# JD 240 skidsteer hydraulic problem



## Hand&Hand Farms (Feb 5, 2011)

Went to use the JD 240 skidsteer the other day and bucket tilt controls wouldn't work. Hydraulic system loads up no matter which way petal is moved. Thought cylinder packing may be bad, nope both good. Took control valve apart and cleaned it. Fluid flows out both ports on control valve as soon as engine started but still loads up system when petal is moved. Any ideas? First problem this machine has ever given.


----------



## askinner (Nov 15, 2010)

How much fluid flows out the control valve ports when it is started and the pedal in the neutral position? A little bit of leakage is normal, but for it to be flowing out there must be a problem with the spool IMO. It may have a broken spool spring, causing the spool to not centre.
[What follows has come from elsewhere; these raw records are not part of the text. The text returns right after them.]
-- ===== src/Webapps/Details.antt =====
-- The details of a web app: the texts and classes that `openWebAppDetail` writes, before and after the
-- answer of the server. The chart and the sparkline stand in Chart.
pub mod Laws
use domain_ssl_checker.Durations.{format_duration_long}
use domain_ssl_checker.Base.{
  Text, ℕ, Option, if◌then◌else◌, Bool, List, leb, text_eq, some, text_or, ◌||◌, map, ◌*◌, codes,
  ◌==◌, none, [], not, reverse, ◌+◌, ◌∷◌, ◌/◌,
}

-- What is read of the row of the web app; its `is_active` is 0 or false.
pub record DetailRow : Type 0 where
  pub name : Text
  pub url : Text
  pub status : Option Text
  pub is_paused : Bool
  pub check_interval : Option ℕ
  pub last_status_code : Option ℕ
  pub expected_body : Option Text
  pub expected_body_negate : Bool

pub data BadgeClass : Type 0 where
  status_up status_slow status_down : BadgeClass

-- "h", "m" and "s"
pub data IntervalUnit : Type 0 where
  hours minutes seconds : IntervalUnit

pub record DetailHead : Type 0 where
  pub title : Text
  pub status : Text
  pub paused_mark : Bool
  pub badge : BadgeClass
  pub interval : ℕ × IntervalUnit
  -- `none` is the dash.
  pub code : Option ℕ
  -- "NOT " or "CONTAINS ", where a text is expected
  pub body_match : Option (Bool × Text)

-- `Math.round(interval / 3600) + 'h'` and so on
unfoldable pub interval_text : ℕ → ℕ × IntervalUnit
interval_text n =
    if leb 3600 n
    then ((2 * n + 3600) / 7200, hours)
    else if leb 60 n
    then ((2 * n + 60) / 120, minutes)
    else (n, seconds)

-- `status === 'up' || status === 'slow'`
abbrev pub is_up : Text → Bool
is_up s = text_eq s (codes "up") || text_eq s (codes "slow")

abbrev pub badge_of : Text → BadgeClass
badge_of s =
    if is_up s then status_up else if text_eq s (codes "slow") then status_slow else status_down

-- `n || null`, where 0 is falsy
abbrev pub nonzero : Option ℕ → Option ℕ
nonzero none = none
nonzero (some n) = if n == 0 then none else some n

abbrev pub interval_or_default : Option ℕ → ℕ
interval_or_default none = 300
interval_or_default (some n) = if n == 0 then 300 else n

abbrev pub body_match_of : Option Text → Bool → Option (Bool × Text)
body_match_of none negate = none
body_match_of (some []) negate = none
body_match_of (some (c ∷ cs)) negate = some (negate, c ∷ cs)

-- `wa.status || 'unknown'`
abbrev pub shown_status : DetailRow → Text
shown_status a = text_or a.status (codes "unknown")

unfoldable pub detail_head : DetailRow → DetailHead
detail_head a = record {
  title = if text_eq a.name [] then a.url else a.name;
  status = shown_status a;
  paused_mark = a.is_paused;
  badge = badge_of (shown_status a);
  interval = interval_text (interval_or_default a.check_interval);
  code = nonzero a.last_status_code;
  body_match = body_match_of a.expected_body a.expected_body_negate;
}

-- The answer: the seconds that the status has lasted.
pub data DurationText : Type 0 where
  dash blank : DurationText
  up_for down_for : Text → DurationText

abbrev pub has_lasted : (Text → DurationText) → Option ℕ → DurationText
has_lasted label none = blank
has_lasted label (some s) = label (format_duration_long (some s))

unfoldable pub current_duration : DetailRow → Option ℕ → DurationText
current_duration a lasted =
    let s = shown_status a in
    if a.is_paused || not (is_up s || text_eq s (codes "down"))
    then dash
    else if is_up s
    then has_lasted up_for lasted
    else has_lasted down_for lasted

-- The bar of the uptime of a period, in hundredths of a percent; `none` is null.
pub data BarClass : Type 0 where
  good ok bad no_class : BarClass

pub record UptimeBar : Type 0 where
  pub percent : Option ℕ
  pub width : ℕ
  pub class : BarClass
  pub incidents : ℕ
  pub downtime : ℕ

abbrev pub uptime_class : Option ℕ → BarClass
uptime_class none = no_class
uptime_class (some p) = if leb 9900 p then good else if leb 9500 p then ok else bad

abbrev pub or_zero : Option ℕ → ℕ
or_zero none = 0
or_zero (some n) = n

-- `renderUptimeBar`
unfoldable pub uptime_bar : Option ℕ → Option ℕ → Option ℕ → UptimeBar
uptime_bar pct incidents downtime = record {
  percent = pct;
  width = or_zero pct;
  class = uptime_class pct;
  incidents = or_zero incidents;
  downtime = or_zero downtime;
}

-- An incident, by the status that it led to: the icon and the class say that the web app came back.
pub record Incident : Type 0 where
  pub before : Text
  pub after : Text
  pub at : Text

pub record IncidentRow : Type 0 where
  pub came_back : Bool
  pub incident : Incident

-- The incidents, the last one first.
unfoldable pub incident_rows : List Incident → List IncidentRow
incident_rows is = map (λ i. record { came_back = is_up i.after; incident = i }) (reverse is)
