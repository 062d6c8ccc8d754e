-- ===== src/Webapps/Details/Laws.antt =====
-- What the details of a web app can say.
use domain_ssl_checker.Webapps.Details.{
  DetailRow, status_slow, detail_head, interval_text, IntervalUnit, hours, minutes, seconds,
}
use domain_ssl_checker.Base.{◌≢◌, ℕ, arith, ◌*◌, ◌≤◌, ◌+◌, Bool-cases, leb, inl, inr}

-- The class of a slow web app is never given: a slow one is taken as one that is up.
pub badge-ne-slow : (a : DetailRow) → (detail_head a).badge ≢ status_slow
unfolding detail_head
badge-ne-slow a h = ground arith

-- The seconds of a unit.
abbrev pub unit_seconds : IntervalUnit → ℕ
unit_seconds hours = 3600
unit_seconds minutes = 60
unit_seconds seconds = 1

-- The interval that is shown is at most half of its unit away from the interval.
pub interval_text_lem :
    (n : ℕ)
    → let (k, u) = interval_text n in
      (2 * (k * unit_seconds u) ≤ 2 * n + unit_seconds u)
      × (2 * n ≤ 2 * (k * unit_seconds u) + unit_seconds u)
unfolding interval_text
interval_text_lem n = elim (Bool-cases (leb 3600 n)) [
  | inl l ↦ rw l (omega arith, omega arith)
  | inr l ↦ elim (Bool-cases (leb 60 n)) [
    | inl m ↦ rw l (rw m (omega arith, omega arith))
    | inr m ↦ rw l (rw m (omega arith, omega arith))
  ]
]
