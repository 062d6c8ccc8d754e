-- ===== src/Webapps/Laws.antt =====
-- What `applyWebAppFilters` shows and what it does to the cache.
use mathlib.Core.List.{Perm}
use mathlib.Core.List.Perm
use mathlib.Core.Path.{subst}
use domain_ssl_checker.Sorting.Laws.{sort_by-perm}
use domain_ssl_checker.Domains.Pages.Laws.{page_count-pos, min-le-length-page_slice}
use domain_ssl_checker.Platform.{Platform}
use domain_ssl_checker.Webapps.{
  WebappState, webapp_page, webapp_rows, filter_webapps, sorted_webapps, apply_web_app_filters,
  accepts_all,
}
use domain_ssl_checker.Base.{
  ℕ, ◌<◌, min, ◌≡◌, if◌then◌else◌, length, true, arith, ◌≤◌, Bool, ap, List, false, refl,
}
use domain_ssl_checker.Paging.{page_count, page_slice}

-- The page that is shown.
abbrev pub page_of : Platform → WebappState → ℕ
page_of p s = min s.page (page_count (length (sorted_webapps p s)) s.size)

Perm-if {ℓ} :
    {A : Type ℓ} (b : Bool) (xs ys : List A)
    → (b ≡ true → Perm xs ys)
    → Perm (if b then xs else ys) ys
Perm-if true xs ys h = h refl
Perm-if false xs ys h = Perm.refl ys

module _ (p : Platform) (s : WebappState) where
  webapp_page_lem : (n : ℕ) → webapp_page p n s ≡ min s.page (page_count n s.size)
  unfolding webapp_page
  webapp_page_lem n = ground arith

  some_app :
      0 < s.size
      → 0 < s.page
      → min 1 (length (sorted_webapps p s))
        ≤ length (page_slice (page_of p s) s.size (sorted_webapps p s))
  some_app h k =
      min-le-length-page_slice (page_of p s) s.size (sorted_webapps p s) h
        (omega (arith, page_count-pos (length (sorted_webapps p s)) s.size)) (omega arith)

  -- The fallback of the slice is not needed.
  webapp_rows_lem :
      0 < s.size
      → 0 < s.page
      → webapp_rows (page_of p s) s.size (sorted_webapps p s)
        ≡ (page_of p s, page_slice (page_of p s) s.size (sorted_webapps p s))
  unfolding webapp_rows
  webapp_rows_lem h k = ground (arith, some_app h k)

  accepts_all-filter : accepts_all p s ≡ true → filter_webapps p s ≡ s.cached
  unfolding filter_webapps
  accepts_all-filter e = ground arith

  cached-Perm : Perm (if accepts_all p s then sorted_webapps p s else s.cached) s.cached
  unfolding sorted_webapps
  cached-Perm = Perm-if (accepts_all p s) _ s.cached (λ e.
      subst (Perm (sorted_webapps p s)) (accepts_all-filter e)
        (sort_by-perm _ (filter_webapps p s)))

  -- From page 1 or above, with a page size above 0, the page shown is the one asked for or the
  -- last one, the rows are its slice of the sorted list that the filters leave, some row if there
  -- is one, and the cache holds the same rows as before, whether or not it was sorted.
  pub apply_web_app_filters_lem :
      0 < s.size
      → 0 < s.page
      → ((apply_web_app_filters p s).0.page ≡ page_of p s)
        × ((apply_web_app_filters p s).1.rows
            ≡ page_slice (page_of p s) s.size (sorted_webapps p s))
        × (min 1 (length (sorted_webapps p s)) ≤ length (apply_web_app_filters p s).1.rows)
        × Perm (apply_web_app_filters p s).0.cached s.cached
  unfolding apply_web_app_filters
  apply_web_app_filters_lem h k =
      let same : webapp_rows (webapp_page p (length (sorted_webapps p s)) s) s.size
            (sorted_webapps p s)
          ≡ (page_of p s, page_slice (page_of p s) s.size (sorted_webapps p s)) =
        rw webapp_page_lem (webapp_rows_lem h k) in
      (ap (λ r. r.0) same, ap (λ r. r.1) same, rw same (some_app h k), cached-Perm)
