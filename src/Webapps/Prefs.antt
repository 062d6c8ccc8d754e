-- ===== src/Webapps/Prefs.antt =====
-- The preferences of the web apps: `saveWebappViewPrefs` and `loadWebappViewPrefs`.
use domain_ssl_checker.Domains.{Dir}
use domain_ssl_checker.Forms.Numbers.{is_blank}
use domain_ssl_checker.Base.{
  Text, Option, some, String, if◌then◌else◌, ℕ, none, Bool, ◌≡◌, List, ◌==◌, false, true, refl,
}

-- The globals that are kept: `_webappViewMode`, `_webappSort`, `_webappFilter`,
-- `_webappGroupByStatus`, `_webappPagination.size`, `_webappVisibleCols` and
-- `_webappCollapsedGroups`.
pub record WebappView : Type 0 where
  pub view_mode : Text
  pub sort : String × Dir
  pub filter : Text
  pub group_by : Bool
  pub size : ℕ
  pub cols : List (String × Bool)
  pub collapsed : List Text

-- The stored object, where every entry may be missing.
pub record WebappPrefs : Type 0 where
  pub view_mode : Option Text
  pub sort : Option (String × Dir)
  pub filter : Option Text
  pub group_by : Option Bool
  pub size : Option ℕ
  pub cols : Option (List (String × Bool))
  pub collapsed : Option (List Text)

unfoldable pub prefs_of_view : WebappView → WebappPrefs
prefs_of_view v = record {
  view_mode = some v.view_mode;
  sort = some v.sort;
  filter = some v.filter;
  group_by = some v.group_by;
  size = some v.size;
  cols = some v.cols;
  collapsed = some v.collapsed;
}

-- `if (t) x = t;`, for a text and for a number
abbrev pub text_if : Option Text → Text → Text
text_if none old = old
text_if (some t) old = if is_blank t then old else t

abbrev pub number_if : Option ℕ → ℕ → ℕ
number_if none old = old
number_if (some n) old = if n == 0 then old else n

-- The same for what is truthy whenever it is there
abbrev pub given_or {ℓ} : {A : Type ℓ} → Option A → A → A
given_or none old = old
given_or (some a) old = a

unfoldable pub apply_webapp_prefs : WebappPrefs → WebappView → WebappView
apply_webapp_prefs p v = record {
  view_mode = text_if p.view_mode v.view_mode;
  sort = given_or p.sort v.sort;
  filter = text_if p.filter v.filter;
  group_by = given_or p.group_by v.group_by;
  size = number_if p.size v.size;
  cols = given_or p.cols v.cols;
  collapsed = given_or p.collapsed v.collapsed;
}

-- `parse` is `JSON.parse`, `none` where it throws; `write` is `JSON.stringify`.
module _ (parse : Text → Option WebappPrefs) (write : WebappPrefs → Text) where
  -- The item afterwards; `accepts` is false where the storage throws.
  unfoldable pub save_webapp_prefs : Bool → WebappView → Option Text → Option Text
  save_webapp_prefs accepts v item = if accepts then some (write (prefs_of_view v)) else item

  abbrev pub apply_parsed : Option WebappPrefs → WebappView → WebappView
  apply_parsed none v = v
  apply_parsed (some p) v = apply_webapp_prefs p v

  unfoldable pub load_webapp_prefs : Option Text → WebappView → WebappView
  load_webapp_prefs none v = v
  load_webapp_prefs (some t) v = if is_blank t then v else apply_parsed (parse t) v

  -- What was saved is what a page loaded later starts with, if JSON reads what it writes.
  load-save_webapp_prefs :
      (v w : WebappView) (item : Option Text)
      → ((p : WebappPrefs) → parse (write p) ≡ some p)
      → ((p : WebappPrefs) → is_blank (write p) ≡ false)
      → is_blank v.view_mode ≡ false
      → is_blank v.filter ≡ false
      → (v.size == 0) ≡ false
      → load_webapp_prefs (save_webapp_prefs true v item) w ≡ v
  unfolding load_webapp_prefs save_webapp_prefs apply_webapp_prefs prefs_of_view
  load-save_webapp_prefs v w item parse-write full mode chip size =
      rw (full (prefs_of_view v), parse-write (prefs_of_view v), mode, chip, size) refl
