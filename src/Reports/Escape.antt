-- ===== src/Reports/Escape.antt =====
-- `html.escape`, by which agents-python/app/reports.py writes whatever was recorded, as the five
-- replacements of Python's library, and the characters that are left in what it gives.
use Prim.Native.Char.{code}
use vaultwatch.Base.{ℕ, ◌+◌, String, ◌<>◌, ◌≡◌, refl, ap, ◌∙◌, if◌then◌else◌, eqb, arith}
use text.Mathlib.TextLemmas.{cons-append, nil-append}

-- `s.replace(c, t)` of one character
unfoldable pub replace : ℕ → String → String → String
replace c t String.[] = ""
replace c t (String.◌∷◌ x s) =
    let rest = replace c t s in if eqb (code x) c then t <> rest else String.◌∷◌ x rest

-- `html.escape(s)`, with `quote=True`, one replacement after the other
ampersands : String → String
ampersands s = replace b'&' "&amp;" s

openings : String → String
openings s = replace b'<' "&lt;" (ampersands s)

closings : String → String
closings s = replace b'>' "&gt;" (openings s)

quotes : String → String
quotes s = replace b'"' "&quot;" (closings s)

unfoldable pub html_escape : String → String
unfolding replace ampersands openings closings quotes
html_escape s = replace b'\'' "&#x27;" (quotes s)

-- how often a character stands in a text
unfoldable pub occurrences : ℕ → String → ℕ
occurrences k String.[] = 0
occurrences k (String.◌∷◌ x s) =
    let rest = occurrences k s in if eqb (code x) k then 1 + rest else rest

pub occurrences-append :
    (k : ℕ) (s t : String) → occurrences k (s <> t) ≡ occurrences k s + occurrences k t
unfolding occurrences
occurrences-append k String.[] t = ap (occurrences k) (nil-append t) ∙ omega arith
occurrences-append k (String.◌∷◌ x s) t =
    ap (occurrences k) (cons-append x s t) ∙ ground (arith, occurrences-append k s t)

-- a replacement that writes no `k` keeps all others
occurrences-replace :
    (k c : ℕ) (t s : String)
    → occurrences k t ≡ 0
    → occurrences k (replace c t s) ≡ (if eqb k c then 0 else occurrences k s)
unfolding occurrences replace
occurrences-replace k c t String.[] h = ground arith
occurrences-replace k c t (String.◌∷◌ x s) h =
    ground (arith, occurrences-append k t (replace c t s), occurrences-replace k c t s h)

-- the characters that begin and end a tag or an attribute
pub data IsMarkup : ℕ → Type 0 where
  opening : IsMarkup b'<'
  closing : IsMarkup b'>'
  quote : IsMarkup b'"'
  apostrophe : IsMarkup b'\''

pub occurrences-html_escape : {k : ℕ} (s : String) → IsMarkup k → occurrences k (html_escape s) ≡ 0
unfolding html_escape occurrences ampersands openings closings quotes
occurrences-html_escape s opening =
    occurrences-replace b'<' b'\'' "&#x27;" (quotes s) refl
    ∙ occurrences-replace b'<' b'"' "&quot;" (closings s) refl
    ∙ occurrences-replace b'<' b'>' "&gt;" (openings s) refl
    ∙ occurrences-replace b'<' b'<' "&lt;" (ampersands s) refl
occurrences-html_escape s closing =
    occurrences-replace b'>' b'\'' "&#x27;" (quotes s) refl
    ∙ occurrences-replace b'>' b'"' "&quot;" (closings s) refl
    ∙ occurrences-replace b'>' b'>' "&gt;" (openings s) refl
occurrences-html_escape s quote =
    occurrences-replace b'"' b'\'' "&#x27;" (quotes s) refl
    ∙ occurrences-replace b'"' b'"' "&quot;" (closings s) refl
occurrences-html_escape s apostrophe = occurrences-replace b'\'' b'\'' "&#x27;" (quotes s) refl
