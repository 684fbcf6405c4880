-- ===== src/Reports.antt =====
-- agents-python/app/reports.py: how the report writes a value, and the parts that are written once
-- for each event, receipt and rule. Reports/Page.antt has the report itself. A record is JSON, as the
-- case store gives it back, and what Python raises of JSON of another shape is raised here.
pub mod Escape
pub mod Reads
pub mod Page
pub mod Markup
pub mod Blocks
pub mod Layout
pub mod Counts
pub mod Safety
pub mod Returns
pub mod Total
pub mod Written
pub mod Complete
use vaultwatch.Base.{
  ℕ, String, ◌<>◌, Bool, true, false, Option, none, some, List, [], ◌∷◌, ◌++◌, if◌then◌else◌,
}
use vaultwatch.Base.Exec.{Result, ok, err, other_exception}
use vaultwatch.Base.Exec.Results.{◌>>=◌}
use vaultwatch.Runtime.{Runtime, truth}
use vaultwatch.Models.Values.{
  Json, Dict, null, bool, int, float, str, arr, obj, empty, entry, get, subscript, list_of,
}
use vaultwatch.Llm.Transcripts.{get_from}
use Escape.{html_escape, replace}

-- An f-string: the parts in order, of which each may raise.
unfoldable pub fstring : List (Result String) → Result String
fstring [] = ok ""
fstring (p ∷ ps) = do s ← p; rest ← fstring ps; ok (s <> rest)

module _ {A : Type 0} where
  -- `"".join(f(x) for x in xs)`
  unfoldable pub joined : (A → Result String) → List A → Result String
  joined f [] = ok ""
  joined f (x ∷ xs) = do s ← f x; rest ← joined f xs; ok (s <> rest)

module _ {N : Type 0} where
  abbrev characters : String → List (Json N)
  characters String.[] = []
  characters (String.◌∷◌ c s) = str (String.◌∷◌ c "") ∷ characters s

  abbrev keys : Dict N → List (Json N)
  keys empty = []
  keys (entry k v d) = str k ∷ keys d

  -- `for x in v`: a `TypeError` unless `v` is a list, a dict or a text
  unfoldable pub iterated : Json N → Result (List (Json N))
  iterated (arr xs) = ok (list_of xs)
  iterated (obj d) = ok (keys d)
  iterated (str s) = ok (characters s)
  iterated _ = err (other_exception "TypeError")

  -- `" ".join(xs)`: a `TypeError` unless each is a text
  unfoldable pub spaced : List (Json N) → Result String
  spaced [] = ok ""
  spaced (str s ∷ []) = ok s
  spaced (str s ∷ xs) = do rest ← spaced xs; ok (s <> " " <> rest)
  spaced (_ ∷ xs) = err (other_exception "TypeError")

  -- `v.replace("_", " ")`: an `AttributeError` unless `v` is a text
  unfoldable pub without_underscores : Json N → Result String
  unfolding replace
  without_underscores (str s) = ok (replace b'_' " " s)
  without_underscores _ = err (other_exception "AttributeError")

pub data Subject : Type 0 where
  device recipient : Subject

module _ (rt : Runtime) where
  open rt use {Num}

  -- `str(v)`, as an f-string writes it too
  unfoldable pub str_of : Json Num → String
  str_of null = "None"
  str_of (bool b) = if b then "True" else "False"
  str_of (int z) = rt.show_int z
  str_of (float x) = rt.show_num x
  str_of (str s) = s
  str_of v = rt.show_json v

  unfoldable pub esc : Json Num → String
  unfolding html_escape str_of
  esc v = html_escape (str_of v)

  -- `esc` of an expression that may raise
  unfoldable pub escaped : Result (Json Num) → Result String
  escaped r = do v ← r; ok (esc v)

  -- `familiarity(value, subject)`
  unfoldable pub familiarity : Json Num → Subject → String
  familiarity (bool true) device = "New device"
  familiarity (bool true) recipient = "New recipient"
  familiarity (bool false) device = "Known device"
  familiarity (bool false) recipient = "Known recipient"
  familiarity _ device = "Device familiarity not recorded"
  familiarity _ recipient = "Recipient familiarity not recorded"

  unfoldable pub row : Json Num → Result String
  row e = fstring (
      ok "<tr><td>"
      ∷ escaped (subscript e "timestamp")
      ∷ ok "</td><td>"
      ∷ escaped (get_from e "stage" (str "alert"))
      ∷ ok "</td><td>"
      ∷ escaped (do title ← get_from e "title" (str ""); get_from e "label" title)
      ∷ ok "</td></tr>"
      ∷ [])

  unfoldable pub receipt : Json Num → Result String
  receipt e = fstring (
      ok "<tr><td>"
      ∷ escaped (subscript e "seq")
      ∷ ok "</td><td>"
      ∷ escaped (subscript e "event_type")
      ∷ ok "</td><td class=\"hash\">"
      ∷ escaped (subscript e "hash")
      ∷ ok "</td></tr>"
      ∷ [])

  unfoldable pub finding : Json Num → Result String
  finding rule = fstring (
      ok "<li><strong>"
      ∷ escaped (do name ← subscript rule "rule"; text ← without_underscores name; ok (str text))
      ∷ ok "</strong>: "
      ∷ escaped (subscript rule "detail")
      ∷ ok "</li>"
      ∷ [])

  -- `e["detail"]`, if `e` came from a tool
  unfoldable pub evidence_of : Json Num → Result (List (Json Num))
  unfolding truth
  evidence_of e = do
    detail ← get_from e "detail" (obj empty)
    tool ← get_from detail "tool" null
    if truth rt tool then (do v ← subscript e "detail"; ok (v ∷ [])) else ok []

  unfoldable pub tool_evidence : List (Json Num) → Result (List (Json Num))
  tool_evidence [] = ok []
  tool_evidence (e ∷ es) = do kept ← evidence_of e; rest ← tool_evidence es; ok (kept ++ rest)
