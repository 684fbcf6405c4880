-- ===== src/Reports/Markup.antt =====
-- How many characters of markup a part of the report holds: those of its literal texts, since what
-- was recorded is escaped.
use vaultwatch.Base.{ℕ, suc, ◌+◌, ◌*◌, String, ◌<>◌, ◌≡◌, refl, ◌∙◌, List, [], ◌∷◌, length, arith}
use mathlib.Core.Path.{subst}
use vaultwatch.Base.Exec.{Result, ok, err}
use vaultwatch.Base.Exec.Results.{◌>>=◌, Holds}
use vaultwatch.Runtime.{Runtime}
use vaultwatch.Models.Values.{Json}
use vaultwatch.Reports.{fstring, joined, str_of, esc, escaped, row, receipt, finding}
use vaultwatch.Reports.Escape.{IsMarkup, occurrences, occurrences-append, occurrences-html_escape}

-- the text, if there is one, has `n` times the character `k`
pub record Marks (k n : ℕ) (r : Result String) : Type 0 where
  pub at : Holds (λ s. occurrences k s ≡ n) r

pub Marks-ok :
    {k n : ℕ} {r : Result String} {s : String} → Marks k n r → r ≡ ok s → occurrences k s ≡ n
Marks-ok {k} {n} h e = (subst (λ x. Marks k n x) e h).at

module _ {k : ℕ} where
  Marks-before :
      {m n : ℕ} (s : String) (rest : Result String)
      → occurrences k s ≡ m
      → Marks k n rest
      → Marks k (m + n) (rest >>= λ t. ok (s <> t))
  Marks-before s (ok t) h g = record { at = occurrences-append k s t ∙ omega (arith, h, g.at) }
  Marks-before s (err e) h g = record { at = tt }

  pub Marks-part :
      {m n : ℕ} (p : Result String) (ps : List (Result String))
      → Marks k m p
      → Marks k n (fstring ps)
      → Marks k (m + n) (fstring (p ∷ ps))
  unfolding fstring
  Marks-part (ok s) ps h g = Marks-before s (fstring ps) h.at g
  Marks-part (err e) ps h g = record { at = tt }

  pub Marks-none : Marks k 0 (fstring [])
  unfolding fstring occurrences
  Marks-none = record { at = refl }

  pub Marks-text :
      {n : ℕ} (s : String) (ps : List (Result String))
      → Marks k n (fstring ps)
      → Marks k (occurrences k s + n) (fstring (ok s ∷ ps))
  Marks-text s ps g = Marks-part (ok s) ps (record { at = refl }) g

  -- a part without markup
  pub Marks-clean :
      {n : ℕ} (p : Result String) (ps : List (Result String))
      → Marks k 0 p
      → Marks k n (fstring ps)
      → Marks k n (fstring (p ∷ ps))
  Marks-clean {n} p ps h g =
      subst (λ x. Marks k x (fstring (p ∷ ps))) (omega arith) (Marks-part p ps h g)

  module _ {A : Type 0} {n : ℕ} where
    pub joined-Marks :
        (f : A → Result String)
        → ((x : A) → Marks k n (f x))
        → (xs : List A) → Marks k (n * length xs) (joined f xs)
    unfolding joined occurrences
    joined-Marks f h [] = record { at = omega arith }
    joined-Marks f h (x ∷ xs) =
        elim (f x)
            as (λ r.
              Marks k n r
              → Marks k (n * suc (length xs)) (r >>= λ s. joined f xs >>= λ rest. ok (s <> rest))) [
                | ok s ↦ λ g.
                    subst (λ z. Marks k z (joined f xs >>= λ rest. ok (s <> rest))) (omega arith)
                      (Marks-before s (joined f xs) g.at (joined-Marks f h xs))
                | err e ↦ λ g. record { at = tt }
              ]
          (h x)

-- the characters of markup of a text that a cell or an item is written in
module _ (rt : Runtime) {k : ℕ} (m : IsMarkup k) where
  open rt use {Num}

  pub Marks-esc : (v : Json Num) → Marks k 0 (ok (esc rt v))
  unfolding esc
  Marks-esc v = record { at = occurrences-html_escape (str_of rt v) m }

  pub Marks-escaped : (r : Result (Json Num)) → Marks k 0 (escaped rt r)
  unfolding escaped
  Marks-escaped (ok v) = Marks-esc v
  Marks-escaped (err e) = record { at = tt }

  unfoldable pub row_marks : (e : Json Num) → (n : ℕ) × Marks k n (row rt e)
  unfolding row
  row_marks e = (
    _,
    Marks-text _ _ (
        Marks-clean _ _ (Marks-escaped _) (
          Marks-text _ _ (
            Marks-clean _ _ (Marks-escaped _)
              (Marks-text _ _ (Marks-clean _ _ (Marks-escaped _) (Marks-text _ _ Marks-none)))))),
  )

  unfoldable pub receipt_marks : (e : Json Num) → (n : ℕ) × Marks k n (receipt rt e)
  unfolding receipt
  receipt_marks e = (
    _,
    Marks-text _ _ (
        Marks-clean _ _ (Marks-escaped _) (
          Marks-text _ _ (
            Marks-clean _ _ (Marks-escaped _)
              (Marks-text _ _ (Marks-clean _ _ (Marks-escaped _) (Marks-text _ _ Marks-none)))))),
  )

  unfoldable pub finding_marks : (e : Json Num) → (n : ℕ) × Marks k n (finding rt e)
  unfolding finding
  finding_marks e = (
    _,
    Marks-text _ _ (
        Marks-clean _ _ (Marks-escaped _)
          (Marks-text _ _ (Marks-clean _ _ (Marks-escaped _) (Marks-text _ _ Marks-none)))),
  )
It doesn't have a diverter valve for a third service by any chance?


----------



## Hand&Hand Farms (Feb 5, 2011)

It flows out full blast out of one port and some out of the other. Spool looks good, no pits or damage, springs are all good. Checked and cleaned all valves in control valve. All worked good, sat in barn a couple days and started this problem.


----------



## mlappin (Jun 25, 2009)

Must be a mechanical linkage for the spools since you said foot pedals? Our joystick controlled Bobcat did the same and a switch went bad in the joystick, was stuck in the "on" position. Does it have any load poppets in the spool?


----------